How do we alter this for the future? Is it really best not to talk about it in case we make the women who can’t change their own experience feel guilty? Without the benefit of a time machine, we’re unable to alter the past - but we can make things better for the future. It may well be that discussion about how best to encourage and support breastfeeding for future mothers does make some women feel uncomfortable. But unless we do something about it now, women will go on having dreadful experiences of breastfeeding, which is surely not a situation anybody wants? Except, perhaps formula manufacturers - they use the “don’t make women feel guilty” line as a key marketing strategy to stifle debate around infant feeding. Please don’t buy into repeating it - it does a very great disservice to women.
Some of the most impressive women I’ve met in the time I’ve spent learning about breastfeeding are those who had a feeding experience they didn’t expect or desire and found themselves stopping breastfeeding sooner than they would’ve chosen - but who want to talk about what happened to them and to stop it happening to other women. It’s more thinking like that we need if anything’s to change for the better in future.

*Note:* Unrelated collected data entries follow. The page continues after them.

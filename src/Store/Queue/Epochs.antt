-- ===== src/Store/Queue/Epochs.antt =====
-- crates/gmr-store/src/sqlite/queue.rs: the tokens that the queue issues only grow.
use gmr.Support.{
  List, true, false, ◌⊎◌, ◌∙◌, ◌&&◌, ℕ, suc, ◌≤◌, ◌<◌, [], ◌∷◌, ◌++◌, Bool, some, if◌then◌else◌,
  leb, ◌≡◌, refl, ap, sym, arith, Bool-cases, inl, inr,
}
use gmr.Support.Text.{Text, text_eq, text_eq_refl, eq_of_text_eq}
use gmr.Store.Journal.{epoch_of}
use gmr.Store.Queue.{
  Slot, Ticket, Disposition, reschedule, backoff, retire, Queue, is_of, new_slot, enqueue,
  ensure_enqueued, ticket_of, lease, due, is_due, dispose, settle,
}
use gmr.Store.Queue.Keyed.{
  IsKeyed, has_row, lease-IsKeyed, due-IsKeyed, settle-IsKeyed, enqueue-IsKeyed, ensure-IsKeyed,
}

-- The epoch of the anchor's row; 0 where it has none.
unfoldable pub epoch : Text → Queue → ℕ
epoch anchor [] = 0
epoch anchor (slot ∷ slots) = if is_of anchor slot then slot.epoch else epoch anchor slots

-- Everything that the queue does.
pub data Step : Queue → Queue → Type 0 where
  step_enqueue : (anchor : Text) (at : ℕ) (q : Queue) → Step q (enqueue anchor at q)
  step_ensure : (anchor : Text) (at : ℕ) (q : Queue) → Step q (ensure_enqueued anchor at q).1
  step_lease : (anchor : Text) (now until : ℕ) (q : Queue) → Step q (lease anchor now until q).1
  step_due : (chosen : Slot → Bool) (now until : ℕ) (q : Queue) → Step q (due chosen now until q).1
  step_settle :
      (ticket : Ticket) (disposition : Disposition) (now : ℕ) (q : Queue)
      → Step q (settle ticket disposition now q)

pub data Steps : Queue → Queue → Type 0 where
  stay : (q : Queue) → Steps q q
  go : {q r s : Queue} → Step q r → Steps r s → Steps q s

epoch-enqueue : (a anchor : Text) (at : ℕ) (q : Queue) → epoch a q ≤ epoch a (enqueue anchor at q)
unfolding epoch enqueue
epoch-enqueue a anchor at [] = omega arith
epoch-enqueue a anchor at (slot ∷ slots) = ground (arith, epoch-enqueue a anchor at slots)

epoch-snoc : (a : Text) (q : Queue) (slot : Slot) → epoch a q ≤ epoch a (q ++ slot ∷ [])
unfolding epoch
epoch-snoc a [] slot = omega arith
epoch-snoc a (s ∷ q) slot = ground (arith, epoch-snoc a q slot)

epoch-ensure :
    (a anchor : Text) (at : ℕ) (q : Queue) → epoch a q ≤ epoch a (ensure_enqueued anchor at q).1
unfolding ensure_enqueued
epoch-ensure a anchor at q = ground (arith, epoch-snoc a q (new_slot anchor at))

epoch-lease :
    (a anchor : Text) (now until : ℕ) (q : Queue) → epoch a q ≤ epoch a (lease anchor now until q).1
unfolding epoch lease
epoch-lease a anchor now until [] = omega arith
epoch-lease a anchor now until (slot ∷ slots) = ground (arith, epoch-lease a anchor now until slots)

epoch-due :
    (a : Text) (chosen : Slot → Bool) (now until : ℕ) (q : Queue)
    → epoch a q ≤ epoch a (due chosen now until q).1
unfolding epoch due
epoch-due a chosen now until [] = omega arith
epoch-due a chosen now until (slot ∷ slots) = ground (arith, epoch-due a chosen now until slots)

epoch-settle :
    (a : Text) (ticket : Ticket) (disposition : Disposition) (now : ℕ) (q : Queue)
    → epoch a q ≤ epoch a (settle ticket disposition now q)
unfolding epoch settle dispose
epoch-settle a ticket disposition now [] = omega arith
epoch-settle a ticket retire now (slot ∷ slots) =
    ground (arith, epoch-settle a ticket retire now slots)
epoch-settle a ticket (reschedule n) now (slot ∷ slots) =
    ground (arith, epoch-settle a ticket (reschedule n) now slots)
epoch-settle a ticket (backoff n) now (slot ∷ slots) =
    ground (arith, epoch-settle a ticket (backoff n) now slots)

epoch-Step : (a : Text) {q r : Queue} → Step q r → epoch a q ≤ epoch a r
epoch-Step a (step_enqueue anchor at q) = epoch-enqueue a anchor at q
epoch-Step a (step_ensure anchor at q) = epoch-ensure a anchor at q
epoch-Step a (step_lease anchor now until q) = epoch-lease a anchor now until q
epoch-Step a (step_due chosen now until q) = epoch-due a chosen now until q
epoch-Step a (step_settle ticket disposition now q) = epoch-settle a ticket disposition now q

epoch-Steps : (a : Text) {q r : Queue} → Steps q r → epoch a q ≤ epoch a r
epoch-Steps a (stay q) = omega arith
epoch-Steps a (go s steps) = omega (arith, epoch-Step a s, epoch-Steps a steps)

-- A lease hands out the row's next epoch, and the row keeps it.
lease-epoch :
    (a : Text) (now until : ℕ) (q : Queue) (ticket : Ticket)
    → (lease a now until q).0 ≡ some ticket
    → (epoch_of ticket.fence ≡ suc (epoch a q))
      × (epoch a (lease a now until q).1 ≡ suc (epoch a q))
unfolding epoch lease epoch_of
lease-epoch a now until [] ticket h = cc
lease-epoch a now until (slot ∷ slots) ticket h = elim (Bool-cases (is_of a slot)) [
  | inl e ↦ elim (Bool-cases (leb slot.lease_until now)) [
    | inl l ↦
        let k : some (ticket_of slot until) ≡ some ticket = rw (e, l, lease) at h in
        let same : ticket_of slot until ≡ ticket = cc in
        (
          rw (e, epoch) (ap (λ (t : Ticket). epoch_of t.fence) (sym same)),
          rw (e, l, lease, epoch, e) refl,
        )
    | inr l ↦ let k = rw (e, l, lease) at h in cc
  ]
  | inr e ↦
      let (first, second) = lease-epoch a now until slots ticket (rw (e, lease) at h) in
      (rw (e, epoch) first, rw (e, lease, epoch, e) second)
]

abbrev pub Among : Ticket → List Ticket → Type 0
Among ticket [] = ⊥
Among ticket (t ∷ tickets) = (t ≡ ticket) ⊎ Among ticket tickets

-- The queue gives a ticket for the anchor: asked for this one, or among those that are due.
pub data Grants (a : Text) (ticket : Ticket) : Queue → Queue → Type 0 where
  by_lease :
      (now until : ℕ) (q : Queue)
      → (lease a now until q).0 ≡ some ticket
      → Grants a ticket q (lease a now until q).1
  by_due :
      (chosen : Slot → Bool) (now until : ℕ) (q : Queue)
      → ticket.anchor ≡ a
      → Among ticket (due chosen now until q).0
      → Grants a ticket q (due chosen now until q).1

due-has_row :
    (a : Text) (chosen : Slot → Bool) (now until : ℕ) (q : Queue) (ticket : Ticket)
    → ticket.anchor ≡ a
    → Among ticket (due chosen now until q).0
    → has_row a q ≡ true
unfolding due
due-has_row a chosen now until [] ticket at h = absurd h
due-has_row a chosen now until (slot ∷ slots) ticket at h = elim (Bool-cases (is_of a slot)) [
  | inl f ↦ rw f refl
  | inr f ↦ elim (Bool-cases (is_due now slot && chosen slot)) [
    | inr e ↦ rw f (due-has_row a chosen now until slots ticket at (rw (due, e) at h))
    | inl e ↦ elim (rw (due, e) at h) [
      | inr later ↦ rw f (due-has_row a chosen now until slots ticket at later)
      | inl same ↦
          let is : is_of a slot ≡ true =
            ap (λ (t : Ticket). text_eq t.anchor a) same
            ∙ (ap (λ (x : Text). text_eq x a) at ∙ text_eq_refl a) in
          cc
    ]
  ]
]

-- Where the anchor has one row, a ticket that is among the due ones has its next epoch, and the row
-- keeps it.
due-epoch :
    (a : Text) (chosen : Slot → Bool) (now until : ℕ) (q : Queue) (ticket : Ticket)
    → IsKeyed q
    → ticket.anchor ≡ a
    → Among ticket (due chosen now until q).0
    → (epoch_of ticket.fence ≡ suc (epoch a q))
      × (epoch a (due chosen now until q).1 ≡ suc (epoch a q))
unfolding epoch due epoch_of IsKeyed
due-epoch a chosen now until [] ticket key at h = absurd h
due-epoch a chosen now until (slot ∷ slots) ticket key at h =
    elim (Bool-cases (is_due now slot && chosen slot)) [
      | inr e ↦ elim (Bool-cases (is_of a slot)) [
        | inr f ↦
            let (x, y) = due-epoch a chosen now until slots ticket key.1 at (rw (due, e) at h) in
            (rw (f, epoch) x, rw (due, e, epoch, f) y)
        | inl f ↦
            let row = due-has_row a chosen now until slots ticket at (rw (due, e) at h) in
            let none_left : has_row a slots ≡ false =
              ap (λ (x : Text). has_row x slots) (sym (eq_of_text_eq slot.anchor a f)) ∙ key.0 in
            cc
      ]
      | inl e ↦ elim (rw (due, e) at h) [
        | inr later ↦ elim (Bool-cases (is_of a slot)) [
          | inr f ↦
              let (x, y) = due-epoch a chosen now until slots ticket key.1 at later in
              (rw (f, epoch) x, rw (due, e, epoch, f) y)
          | inl f ↦
              let row = due-has_row a chosen now until slots ticket at later in
              let none_left : has_row a slots ≡ false =
                ap (λ (x : Text). has_row x slots) (sym (eq_of_text_eq slot.anchor a f)) ∙ key.0 in
              cc
        ]
        | inl same ↦
            let is : is_of a slot ≡ true =
              ap (λ (t : Ticket). text_eq t.anchor a) same
              ∙ (ap (λ (x : Text). text_eq x a) at ∙ text_eq_refl a) in
            (
              rw (is, epoch) (ap (λ (t : Ticket). epoch_of t.fence) (sym same)),
              rw (due, e, epoch, is) refl,
            )
      ]
    ]

Grants-epoch :
    (a : Text) (ticket : Ticket) {q r : Queue}
    → IsKeyed q
    → Grants a ticket q r
    → (epoch_of ticket.fence ≡ suc (epoch a q)) × (epoch a r ≡ suc (epoch a q))
Grants-epoch a ticket key (by_lease now until q h) = lease-epoch a now until q ticket h
Grants-epoch a ticket key (by_due chosen now until q at h) =
    due-epoch a chosen now until q ticket key at h

Step-IsKeyed : {q r : Queue} → IsKeyed q → Step q r → IsKeyed r
Step-IsKeyed k (step_enqueue anchor at q) = enqueue-IsKeyed anchor at q k
Step-IsKeyed k (step_ensure anchor at q) = ensure-IsKeyed anchor at q k
Step-IsKeyed k (step_lease anchor now until q) = lease-IsKeyed anchor now until q k
Step-IsKeyed k (step_due chosen now until q) = due-IsKeyed chosen now until q k
Step-IsKeyed k (step_settle ticket d now q) = settle-IsKeyed ticket d now q k

Steps-IsKeyed : {q r : Queue} → IsKeyed q → Steps q r → IsKeyed r
Steps-IsKeyed k (stay q) = k
Steps-IsKeyed k (go s steps) = Steps-IsKeyed (Step-IsKeyed k s) steps

Grants-IsKeyed :
    (a : Text) (ticket : Ticket) {q r : Queue} → IsKeyed q → Grants a ticket q r → IsKeyed r
Grants-IsKeyed a ticket k (by_lease now until q h) = lease-IsKeyed a now until q k
Grants-IsKeyed a ticket k (by_due chosen now until q at h) = due-IsKeyed chosen now until q k

-- Of two tickets that the queue gives for an anchor, each asked for by itself or among those that are
-- due, the later carries the greater token, whatever happens to the queue in between; the anchor being
-- the key of the table.
pub leases_grow :
    (a : Text) (first second : Ticket) (p q r s : Queue)
    → IsKeyed p
    → Grants a first p q
    → Steps q r
    → Grants a second r s
    → epoch_of first.fence < epoch_of second.fence
leases_grow a first second p q r s key one steps two =
    let (issued, kept) = Grants-epoch a first key one in
    let (next, _) =
      Grants-epoch a second (Steps-IsKeyed (Grants-IsKeyed a first key one) steps) two in
    omega (arith, epoch-Steps a steps, issued, kept, next)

So far, I’ve been told it’s best not to talk about it for fear of making women feel guilty by a GP, a local councillor and an MP (all men, incidentally). So should I feel guilty if I’m asked about breastfeeding and I stop talking when someone tells me to because I might make women feel guilty? Or should I say, politely, that I think it’s too important not to talk about it? You could guess what I do say, in fact ![]()
Filed under: Discussion | Tagged: breastfeeding, Feelings about breastfeeding, formula manufacturer, guilt, infant feeding, infant formula | 5 Comments »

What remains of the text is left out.